Heiltsuk man, granddaughter reach settlement in human rights complaint against BMO

·3 min read
Maxwell Johnson on Thursday outside the branch of BMO in downtown Vancouver where he and his granddaughter were reported to police for alleged fraud and then put in handcuffs by attending officers. (Ben Nelms/CBC - image credit)
Maxwell Johnson on Thursday outside the branch of BMO in downtown Vancouver where he and his granddaughter were reported to police for alleged fraud and then put in handcuffs by attending officers. (Ben Nelms/CBC - image credit)

Speaking on the Vancouver sidewalk where he and his 12-year-old granddaughter were slapped in handcuffs over two years ago, Maxwell Johnson announced a financial settlement has been reached in their human rights complaint against the Bank of Montreal.

On Dec. 20, 2019, the two members of the Heiltsuk Nation in Bella Bella, B.C., tried to open a bank account at the BMO branch on Burrard Street when staff called 911 to report an alleged fraud after looking at the pair's identification documents, including their government-issued Indian status cards.

Attending officers from the Vancouver Police Department (VPD) put both Johnson and his granddaughter in handcuffs.

"It's been a long two years of litigation with BMO and I'm really happy we're coming to a conclusion. It's been a very hard two years, not only for myself, but for my granddaughter and son," said Johnson on Thursday.

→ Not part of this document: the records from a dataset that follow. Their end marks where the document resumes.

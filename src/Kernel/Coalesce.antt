-- ===== src/Kernel/Coalesce.antt =====
-- `coalesce_peers` of ipc-linux.h: parts of one peer that follow one another become one peer.
pub mod Laws
pub mod Keys
use router1_app.Prelude.{
  ℕ, Bool, true, false, Option, List, [], ◌∷◌, ◌++◌, if◌then◌else◌, Bytes, Outcome, ◌>>=◌, ok,
  fault,
}
use router1_app.Containers.{AllowedIp, Peer}
use router1_app.Setconf.{memcmp, is_eq}

abbrev pub no_ips : List AllowedIp → Bool
no_ips [] = true
no_ips (a ∷ ips) = false

abbrev pub with_ips : Peer → List AllowedIp → Peer
with_ips p ips = record p { allowedips = ips }

-- The step on two parts of one peer; `dangling` is true where `last_allowedip` of the first is null.
-- Where the first has addresses, the step writes through that pointer.
unfoldable pub join : Peer → Bool → List AllowedIp → Outcome Peer
join p dangling ips = elim p.allowedips [
  | [] ↦ ok (with_ips p ips)
  | a ∷ own ↦ if dangling then fault else ok (with_ips p (a ∷ own ++ ips))
]

-- The loop, at the peer p with the peers behind it.
unfoldable pub coalesce : Peer → Bool → List Peer → Outcome (List Peer)
unfolding join memcmp
coalesce p dangling [] = ok (p ∷ [])
coalesce p dangling (q ∷ peers) = elim (is_eq (memcmp p.public_key q.public_key)) [
  | false ↦ coalesce q (no_ips q.allowedips) peers >>= λ rest. ok (p ∷ rest)
  | true ↦ join p dangling q.allowedips >>= λ p'. coalesce p' (no_ips q.allowedips) peers
]

unfoldable pub coalesce_peers : List Peer → Outcome (List Peer)
unfolding coalesce
coalesce_peers [] = ok []
coalesce_peers (p ∷ peers) = coalesce p (no_ips p.allowedips) peers
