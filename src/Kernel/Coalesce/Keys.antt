-- ===== src/Kernel/Coalesce/Keys.antt =====
-- Joined parts keep the key of the first.
use router1_app.Prelude.{
  ◌≡◌, Bool, true, false, List, [], ◌∷◌, All, length, if◌then◌else◌, ◌++◌, Outcome, ◌>>=◌, ok, fail,
  exit, fault, hang,
}
use router1_app.Containers.{Peer, AllowedIp}
use router1_app.Containers.Flags.{has}
use router1_app.Containers.PeerFlag
use router1_app.Setconf.{memcmp, is_eq}
use router1_app.Kernel.Coalesce.{no_ips, with_ips, join, coalesce, coalesce_peers}

-- A peer that has a public key, of 32 bytes.
abbrev pub HasKey : Peer → Type 0
HasKey p = (has p.flags PeerFlag.has_public_key ≡ true) × (length p.public_key ≡ 32)

-- A property of what a call returns, if it returns a value.
abbrev pub IfOk {ℓ} : {A : Type ℓ} → (A → Type 0) → Outcome A → Type 0
IfOk P (ok a) = P a
IfOk P m = Unit

pub IfOk-bind :
    {A B : Type 0} (P : A → Type 0) (Q : B → Type 0) (m : Outcome A) (f : A → Outcome B)
    → IfOk P m
    → ((a : A) → P a → IfOk Q (f a))
    → IfOk Q (m >>= f)
IfOk-bind P Q (ok a) f h k = k a h
IfOk-bind P Q fail f h k = tt
IfOk-bind P Q exit f h k = tt
IfOk-bind P Q fault f h k = tt
IfOk-bind P Q hang f h k = tt

join-HasKey :
    (p : Peer) (dangling : Bool) (ips : List AllowedIp)
    → HasKey p
    → IfOk HasKey (join p dangling ips)
unfolding join
join-HasKey p dangling ips h = by_ips p.allowedips dangling
  where
    by_ips :
        (own : List AllowedIp) (dangling : Bool)
        → IfOk HasKey (elim own [
          | [] ↦ ok (with_ips p ips)
          | a ∷ own ↦ if dangling then fault else ok (with_ips p (a ∷ own ++ ips))
        ])
    by_ips [] dangling = h
    by_ips (a ∷ own) true = tt
    by_ips (a ∷ own) false = h

coalesce-HasKey :
    (p : Peer) (dangling : Bool) (more : List Peer)
    → HasKey p
    → All HasKey more
    → IfOk (All HasKey) (coalesce p dangling more)
unfolding coalesce
coalesce-HasKey p dangling [] h hs = (h, tt)
coalesce-HasKey p dangling (q ∷ more) h (k, hs) =
    by_key (is_eq (memcmp p.public_key q.public_key)) _ _
      (IfOk-bind (All HasKey) (All HasKey) (coalesce q (no_ips q.allowedips) more) _
        (coalesce-HasKey q (no_ips q.allowedips) more k hs) (λ rest found. (h, found)))
      (IfOk-bind HasKey (All HasKey) (join p dangling q.allowedips) _
        (join-HasKey p dangling q.allowedips h)
        (λ p' h'. coalesce-HasKey p' (no_ips q.allowedips) more h' hs))
  where
    by_key :
        (same : Bool) (m n : Outcome (List Peer))
        → IfOk (All HasKey) m
        → IfOk (All HasKey) n
        → IfOk (All HasKey) (elim same [ false ↦ m | true ↦ n ])
    by_key true m n a b = b
    by_key false m n a b = a

pub coalesce_peers-HasKey : (ps : List Peer) → All HasKey ps → IfOk (All HasKey) (coalesce_peers ps)
unfolding coalesce_peers
coalesce_peers-HasKey [] h = tt
coalesce_peers-HasKey (p ∷ ps) (h, hs) = coalesce-HasKey p (no_ips p.allowedips) ps h hs
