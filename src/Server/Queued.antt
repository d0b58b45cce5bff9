-- ===== src/Server/Queued.antt =====
-- The messages on their way through the queue: the queue holds those not handled yet.
use mathlib.Core.Path.{subst}
use windnet_game.Prelude.{
  ℕ, zero, suc, ◌+◌, ◌≤◌, ◌<◌, ◌≡◌, inl, inr, refl, sym, ap, ◌∙◌, Option, some, List, [], ◌∷◌, ◌++◌,
  length, length-append, get_elem?, ltb, ltb→lt, ltb_false→le, arith, Bool-cases,
}
use windnet_game.Prelude.Places.{get_elem?-append_left, get_elem?-append_here}
use windnet_game.Ring.{RingQueue, queue_size, push, next}
use windnet_game.Ring.Fifo.{Holds, init-Holds, push-Holds, advance-Holds}
use windnet_game.World.{World}
use windnet_game.Server.{Server, Message}
use windnet_game.Server.Order.{Same, Grown}
use windnet_game.Server.Steps.{start}

-- n numbers from k on.
abbrev pub from : ℕ → ℕ → List ℕ
from k zero = []
from k (suc n) = k ∷ from (suc k) n

pub from-suc : (k n : ℕ) → from k (suc n) ≡ from k n ++ (k + n) ∷ []
from-suc k zero = ap (λ x. x ∷ []) (omega arith)
from-suc k (suc n) =
    ap (◌∷◌ k) (from-suc (suc k) n ∙ ap (λ x. from (suc k) n ++ x ∷ []) (omega arith))

pub length-from : (k n : ℕ) → length (from k n) ≡ n
length-from k zero = refl
length-from k (suc n) = ap suc (length-from (suc k) n)

-- The message at an address that was not deleted.
abbrev pub Live : List (Option Message) → ℕ → Type 0
Live messages a = (m : Message) × (get_elem? messages a ≡ some (some m))

append-Live : (xs ys : List (Option Message)) (a : ℕ) → Live xs a → Live (xs ++ ys) a
append-Live xs ys a (m, e) = (m, get_elem?-append_left xs ys a (some m) e)

-- The oldest `handled` messages are done with, and the others wait.
pub record InOrder (s : Server) (handled waiting : ℕ) : Type 0 where
  pub room : ℕ
  pub holds : Holds s.queue (from 0 handled) (from handled waiting) room
  pub size : handled + waiting ≡ length s.messages
  pub live : (a : ℕ) → handled ≤ a → a < length s.messages → Live s.messages a

pub start-InOrder : (w : World) → InOrder (start w) 0 0
start-InOrder w = record {
  room = queue_size;
  holds = init-Holds;
  size = refl;
  live = λ a l h. absurd (omega arith);
}

pub Same-InOrder :
    (s t : Server) (handled waiting : ℕ)
    → Same s t
    → InOrder s handled waiting
    → InOrder t handled waiting
Same-InOrder s t handled waiting (m, q) i = record {
  room = i.room;
  holds = subst (λ x. Holds x (from 0 handled) (from handled waiting) i.room) (sym q) i.holds;
  size = i.size ∙ ap length (sym m);
  live = λ a l h. subst (λ x. Live x a) (sym m) (i.live a l (omega (arith, ap length m, h)));
}

-- A queue with fewer messages than slots has room.
pub room-suc :
    (q : RingQueue) (handled waiting room : ℕ)
    → Holds q (from 0 handled) (from handled waiting) room
    → handled + waiting < queue_size
    → (room' : ℕ) × Holds q (from 0 handled) (from handled waiting) (suc room')
room-suc q handled waiting zero h fits =
    absurd (omega (arith, h.size, length-from 0 handled, length-from handled waiting))
room-suc q handled waiting (suc room) h fits = (room, h)

get_elem?-append_end :
    (xs : List (Option Message)) (m : Message) (a : ℕ)
    → length xs ≤ a
    → a < length (xs ++ some m ∷ [])
    → get_elem? (xs ++ some m ∷ []) a ≡ some (some m)
get_elem?-append_end xs m a l h =
    ap (get_elem? (xs ++ some m ∷ [])) (omega (arith, length-append xs (some m ∷ []), l, h))
    ∙ get_elem?-append_here xs [] (some m)

pub Grown-InOrder :
    (s t : Server) (handled waiting : ℕ)
    → Grown s t
    → length s.messages < queue_size
    → InOrder s handled waiting
    → InOrder t handled (suc waiting)
Grown-InOrder s t handled waiting (msg, m, q) fits i =
    let (room, h) = room-suc s.queue handled waiting i.room i.holds (omega (arith, i.size, fits)) in
    record {
      room = room;
      holds =
          subst (λ x. Holds x (from 0 handled) (from handled (suc waiting)) room) (sym q)
            (subst (λ x. Holds (push s.queue (length s.messages)) (from 0 handled) x room)
              (sym (from-suc handled waiting))
              (subst
                (λ x.
                  Holds (push s.queue (length s.messages)) (from 0 handled)
                    (from handled waiting ++ x ∷ []) room)
                (sym i.size) (push-Holds (length s.messages) h)));
      size = omega (arith, i.size, ap length m, length-append s.messages (some msg ∷ []));
      live = λ a l h. elim (Bool-cases (ltb a (length s.messages))) [
        | inl old ↦
            subst (λ x. Live x a) (sym m)
              (append-Live s.messages (some msg ∷ []) a (i.live a l (ltb→lt _ _ old)))
        | inr new ↦
            subst (λ x. Live x a) (sym m)
              (
                msg,
                get_elem?-append_end s.messages msg a (ltb_false→le _ _ new)
                    (omega (arith, ap length m, h)),
              )
      ];
    }

-- The queue behind a pop of the oldest message.
pub take-InOrder :
    (s t : Server) (handled waiting : ℕ)
    → t.queue ≡ record (s.queue) { head = next s.queue.head }
    → length t.messages ≡ length s.messages
    → ((a : ℕ) → suc handled ≤ a → get_elem? t.messages a ≡ get_elem? s.messages a)
    → InOrder s handled (suc waiting)
    → InOrder t (suc handled) waiting
take-InOrder s t handled waiting q len same i = record {
  room = i.room;
  holds =
      subst (λ x. Holds x (from 0 (suc handled)) (from (suc handled) waiting) i.room) (sym q)
        (subst
          (λ x.
            Holds (record (s.queue) { head = next s.queue.head }) x (from (suc handled) waiting)
              i.room)
          (sym (from-suc 0 handled ∙ ap (λ x. from 0 handled ++ x ∷ []) (omega arith)))
          (advance-Holds handled i.holds));
  size = omega (arith, i.size, len);
  live = λ a l h.
      let (m, e) = i.live a (omega (arith, l)) (omega (arith, h, len)) in (m, same a l ∙ e);
}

The settlement includes an undisclosed monetary payment to Johnson and his granddaughter. Other terms include:

  • An apology ceremony in Bella Bella.

  • A work of art created by Johnson, an artist, gifted and put on display at the BMO Burrard Street branch with copies also displayed at BMO branches in Victoria, Campbell River, Nanaimo and Prince Rupert, where Heiltsuk members bank.

  • Territorial acknowledgement plaques installed at the above branches and possibly expanded across Canada.

  • BMO updating internal policies and procedures for how status cards are handled.

In a statement, BMO said it was pleased to have reached a settlement.

"This was an important step for BMO toward reconciliation and we hope that the Johnsons reach the resolution and closure they deserve."

Johnson said a washing ceremony helped him and his community come to a place of forgiveness with the bank.

"Part of our culture is to forgive," he said, "to show that we are working together to come to an agreement."

Heiltsuk Nation Chief Coun. Marilyn Slett said they are hoping for a similar resolution with the VPD.

"Max has extended to the officers an invitation to an apology ceremony in our community," she said. "They have not responded as of yet."

WATCH | Surveillance footage of Johnson and his granddaughter being put in handcuffs:

The VPD has apologized for handcuffing Johnson and his granddaughter. The two officers involved were suspended after a disciplinary decision said they committed misconduct in exposing the man and girl to "unnecessary trauma and fear" and "a serious perception of unfairness in their treatment at the hands of police."

Phone transcripts from Dec. 20, 2019, reveal that a BMO branch manager called 911 because she thought Johnson and his granddaughter were presenting fake identification cards.

The manager said she was also concerned about a large sum of money Johnson had in his account — funds he and all other Heiltsuk members received as a result of an Aboriginal rights settlement.

On Thursday, Johnson closed his bank accounts at BMO. He said he hopes the incident leads to change in corporations and governments, and a better understanding of Indigenous peoples.

"I don't think we have to prove who we are by carrying a status card," he said.

"Our people have been on the coast for 14,000 years — longer than the pyramids have been up. I just want people to be educated."